** The task **
Return, word for word, the lines of the listing below from the one with "text < fuel" through the one with "update_parse_manifest_returns none u", and no other lines.

** Data supplied **

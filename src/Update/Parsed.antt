-- ===== src/Update/Parsed.antt =====
-- kernel/runtime/update.c: the parser of manifests ends on every text.
use osai.Prelude.{
  Status, ℕ, zero, suc, ◌≤◌, ◌<◌, ◌≡◌, refl, arith, ◌==◌, Option, none, some, List, [], ◌∷◌, length,
  Bool-cases, Option-cases, inl, inr,
}
use osai.Prelude.Status.{invalid}
use osai.Update.{Updates}
use osai.Update.Manifest.{
  Manifest, Seen, skip_space, find_separator, find_end, read_field, parse_loop, parse_text,
  finish_parse, update_parse_manifest, no_manifest,
}

length-skip_space : (s : List ℕ) → length (skip_space s) ≤ length s
unfolding skip_space
length-skip_space [] = omega arith
length-skip_space (c ∷ s) = ground (arith, length-skip_space s)

length-find_end : (s : List ℕ) → length (find_end s).1 ≤ length s
unfolding find_end
length-find_end [] = omega arith
length-find_end (c ∷ s) = ground (arith, length-find_end s)

length-find_separator :
    (s key after : List ℕ) → find_separator s ≡ some (key, after) → length after < length s
unfolding find_separator
length-find_separator [] key after h = absurd cc
length-find_separator (c ∷ s) key after h = elim (Option-cases (find_separator s)) [
  | inl none_left ↦ ground arith
  | inr ((key', after'), found) ↦ ground (arith, length-find_separator s key' after' found)
]

parse_loop_returns :
    (fuel : ℕ) (text : List ℕ) (seen : Seen)
    → length text < fuel
    → (r : Option Seen) × (parse_loop fuel text seen ≡ some r)
unfolding parse_loop
parse_loop_returns zero text seen h = absurd (omega arith)
parse_loop_returns (suc fuel) text seen h = elim (Option-cases (find_separator (skip_space text))) [
  | inl no_more ↦ (some seen, rw (no_more, parse_loop) refl)
  | inr ((key, after), found) ↦ elim (Option-cases (read_field key (find_end after).0 seen)) [
    | inl bad ↦ (none, rw (found, bad, parse_loop) refl)
    | inr (seen', reads) ↦
        let shorter = length-find_separator (skip_space text) key after found in
        let (r, ends) =
          parse_loop_returns fuel (find_end after).1 seen'
            (omega (arith, shorter, length-skip_space text, length-find_end after)) in
        (r, rw (found, reads, parse_loop) ends)
  ]
]

parse_text_returns :
    (text : List ℕ) (u : Updates)
    → (out : Status × Option Manifest × Updates) × (parse_text text u ≡ some out)
unfolding parse_text
parse_text_returns text u =
    let (r, ends) = parse_loop_returns (suc (length text)) text (no_manifest, 0) (omega arith) in
    (finish_parse r u, rw (ends, parse_text) refl)

-- The parser of manifests returns for every text and in every state: the fuel of its loop, one more
-- than the length of the text, is enough.
pub update_parse_manifest_returns :
    (text : Option (List ℕ)) (u : Updates)
    → (out : Status × Option Manifest × Updates) × (update_parse_manifest text u ≡ some out)
unfolding update_parse_manifest
update_parse_manifest_returns none u = (_, refl)
update_parse_manifest_returns (some text) u = elim (Bool-cases (length text == 0)) [
  | inl empty ↦ ((invalid, none, u), rw empty refl)
  | inr more ↦ let (out, ends) = parse_text_returns text u in (out, rw more ends)
]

** Response box **
    → length text < fuel
    → (r : Option Seen) × (parse_loop fuel text seen ≡ some r)
unfolding parse_loop
parse_loop_returns zero text seen h = absurd (omega arith)
parse_loop_returns (suc fuel) text seen h = elim (Option-cases (find_separator (skip_space text))) [
  | inl no_more ↦ (some seen, rw (no_more, parse_loop) refl)
  | inr ((key, after), found) ↦ elim (Option-cases (read_field key (find_end after).0 seen)) [
    | inl bad ↦ (none, rw (found, bad, parse_loop) refl)
    | inr (seen', reads) ↦
        let shorter = length-find_separator (skip_space text) key after found in
        let (r, ends) =
          parse_loop_returns fuel (find_end after).1 seen'
            (omega (arith, shorter, length-skip_space text, length-find_end after)) in
        (r, rw (found, reads, parse_loop) ends)
  ]
]

parse_text_returns :
    (text : List ℕ) (u : Updates)
    → (out : Status × Option Manifest × Updates) × (parse_text text u ≡ some out)
unfolding parse_text
parse_text_returns text u =
    let (r, ends) = parse_loop_returns (suc (length text)) text (no_manifest, 0) (omega arith) in
    (finish_parse r u, rw (ends, parse_text) refl)

-- The parser of manifests returns for every text and in every state: the fuel of its loop, one more
-- than the length of the text, is enough.
pub update_parse_manifest_returns :
    (text : Option (List ℕ)) (u : Updates)
    → (out : Status × Option Manifest × Updates) × (update_parse_manifest text u ≡ some out)
unfolding update_parse_manifest
update_parse_manifest_returns none u = (_, refl)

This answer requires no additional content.